The Insertion Domain of Mti2 Facilitates the Association of Mitochondrial Initiation Factors with Mitoribosomes in Schizosaccharomyces pombe.

Abstract

Translation initiation in mitochondria involves unique mechanisms distinct from those in the cytosol or in bacteria. The Schizosaccharomyces pombe mitochondrial translation initiation factor 2 (Mti2) is the ortholog of human MTIF2, which plays a vital role in synthesizing proteins in mitochondria.

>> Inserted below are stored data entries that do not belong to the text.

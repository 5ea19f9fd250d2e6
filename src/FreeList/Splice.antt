-- ===== src/FreeList/Splice.antt =====
-- The writes of `insert_free_block` on a ring of links.
use cs0330_fall2022_7_malloc.Base.{
  ℕ, ◌^◌, ◌≤◌, ◌<◌, ◌≡◌, ◌≢◌, refl, sym, subst, List, ◌∷◌, arith, ◌∙◌, count, count_self, inl,
}
use cs0330_fall2022_7_malloc.Machine.{Mem}
use cs0330_fall2022_7_malloc.Layout.Place.{Sep}
use cs0330_fall2022_7_malloc.FreeList.Ring.{
  flink, blink, set_flink, set_blink, flink-set_flink, blink-set_blink, flink-set_flink_ne,
  blink-set_blink_ne, flink-set_blink, blink-set_flink, Seg, last, count-last, Seg-last,
  Seg-retarget,
}

-- Blocks that are distinct, apart, and at addresses below 2 ^ 64.
pub record Spread (xs : List ℕ) : Type 0 where
  pub once : (x : ℕ) → count x xs ≤ 1
  pub apart : (x y : ℕ) → 0 < count x xs → 0 < count y xs → Sep x y
  pub small : (x : ℕ) → 0 < count x xs → x < 2 ^ 64

-- `fb` goes between the first block and the last.
abbrev pub spliced : Mem → ℕ → ℕ → Mem
spliced m fb first =
    let last = blink m first in
    let m₁ = set_flink m fb first in
    let m₂ = set_blink m₁ fb last in let m₃ = set_flink m₂ last fb in set_blink m₃ first fb

module _ (m : Mem) (fb first : ℕ) (rs : List ℕ) (spread : Spread (fb ∷ (first ∷ rs)))
    (links : Seg m first rs first) where
  old_last : ℕ
  old_last = blink m first

  old_last-eq : old_last ≡ last first rs
  unfolding old_last
  old_last-eq = (Seg-last m first rs first links).1

  fb_in : 0 < count fb (fb ∷ (first ∷ rs))
  fb_in = omega (arith, count_self fb (first ∷ rs))

  ring_in : (x : ℕ) → 0 < count x (first ∷ rs) → 0 < count x (fb ∷ (first ∷ rs))
  ring_in x i = omega arith

  first_in : 0 < count first (first ∷ rs)
  first_in = omega (arith, count_self first rs)

  last_in : 0 < count old_last (first ∷ rs)
  last_in = subst (λ t. 0 < count t (first ∷ rs)) (sym old_last-eq) (count-last first rs)

  -- A block of the ring is not the new block.
  not_fb : (x : ℕ) → 0 < count x (first ∷ rs) → x ≢ fb
  not_fb x i e =
      let i' : 0 < count fb (first ∷ rs) = subst (λ t. 0 < count t (first ∷ rs)) e i in
      absurd (omega (arith, spread.once fb, count_self fb (first ∷ rs)))

  m₁ : Mem
  m₁ = set_flink m fb first

  m₂ : Mem
  m₂ = set_blink m₁ fb old_last

  m₃ : Mem
  m₃ = set_flink m₂ old_last fb

  m₄ : Mem
  m₄ = set_blink m₃ first fb

  sep : (x y : ℕ) → 0 < count x (first ∷ rs) → 0 < count y (first ∷ rs) → Sep x y
  sep x y i j = spread.apart x y (ring_in x i) (ring_in y j)

  Sep-fb : (x : ℕ) → 0 < count x (first ∷ rs) → Sep fb x
  Sep-fb x i = spread.apart fb x fb_in (ring_in x i)

  flink-ring : (x : ℕ) → 0 < count x (first ∷ rs) → x ≢ old_last → flink m₄ x ≡ flink m x
  unfolding m₁ m₂ m₃ m₄
  flink-ring x i ne =
      flink-set_blink m₃ first fb x (sep first x first_in i)
      ∙ flink-set_flink_ne m₂ old_last fb x ne (sep old_last x last_in i)
      ∙ flink-set_blink m₁ fb old_last x (Sep-fb x i)
      ∙ flink-set_flink_ne m fb first x (not_fb x i) (Sep-fb x i)

  flink-last : flink m₄ old_last ≡ fb
  unfolding m₁ m₂ m₃ m₄
  flink-last =
      flink-set_blink m₃ first fb old_last (sep first old_last first_in last_in)
      ∙ flink-set_flink m₂ old_last fb (spread.small fb fb_in)

  flink-fb : flink m₄ fb ≡ first
  unfolding m₁ m₂ m₃ m₄
  flink-fb =
      flink-set_blink m₃ first fb fb (spread.apart first fb (ring_in first first_in) fb_in)
      ∙ flink-set_flink_ne m₂ old_last fb fb (λ e. not_fb old_last last_in (sym e))
          (spread.apart old_last fb (ring_in old_last last_in) fb_in)
      ∙ flink-set_blink m₁ fb old_last fb (inl refl)
      ∙ flink-set_flink m fb first (spread.small first (ring_in first first_in))

  blink-ring : (x : ℕ) → 0 < count x rs → blink m₄ x ≡ blink m x
  unfolding m₁ m₂ m₃ m₄
  blink-ring x i =
      let j : 0 < count x (first ∷ rs) = omega arith in
      blink-set_blink_ne m₃ first fb x (λ e. not_first e) (sep first x first_in j)
      ∙ blink-set_flink m₂ old_last fb x (sep old_last x last_in j)
      ∙ blink-set_blink_ne m₁ fb old_last x (not_fb x j) (Sep-fb x j)
      ∙ blink-set_flink m fb first x (Sep-fb x j)
    where
      not_first : x ≢ first
      not_first e =
          let i' : 0 < count first rs = subst (λ t. 0 < count t rs) e i in
          absurd (omega (arith, spread.once first, count_self first rs))

  blink-fb : blink m₄ fb ≡ old_last
  unfolding m₁ m₂ m₃ m₄
  blink-fb =
      blink-set_blink_ne m₃ first fb fb (λ e. not_fb first first_in (sym e))
        (spread.apart first fb (ring_in first first_in) fb_in)
      ∙ blink-set_flink m₂ old_last fb fb
          (spread.apart old_last fb (ring_in old_last last_in) fb_in)
      ∙ blink-set_blink m₁ fb old_last (spread.small old_last (ring_in old_last last_in))

  blink-first : blink m₄ first ≡ fb
  unfolding m₄
  blink-first = blink-set_blink m₃ first fb (spread.small fb fb_in)

  -- The result is a ring that begins with `fb` and goes on as before.
  pub Seg-spliced : Seg (spliced m fb first) fb (first ∷ rs) fb
  unfolding m₁ m₂ m₃ m₄ old_last
  Seg-spliced = (
    flink-fb,
    blink-first,
    Seg-retarget m m₄ first rs first fb (λ x. omega (arith, spread.once x))
        (λ x i ne. flink-ring x i (λ e. ne (e ∙ old_last-eq))) blink-ring
        (subst (λ t. flink m₄ t ≡ fb) old_last-eq flink-last) (blink-fb ∙ old_last-eq) links,
  )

Here, we investigate the insertion domain of Mti2, which stabilizes its interaction with the ribosome and is crucial for efficient translation initiation. Our results show that the insertion domain is critical for the proper folding and function of Mti2. The absence of the insertion domain disrupts cell growth and affects the expression of genes encoded by mitochondrial DNA. Additionally, we show that Mti2 physically interacts with the small subunits of mitoribosomes (mtSSU), and deletion of the insertion domain dissociates mitochondrial initiation factors from the mitoribosome, reducing the efficiency of mitochondrial translation. Altogether, these findings highlight the conserved role of the insertion domain in facilitating translation initiation in fission yeast and thus reveal shared principles of mitochondrial translation initiation in both fission yeast and humans.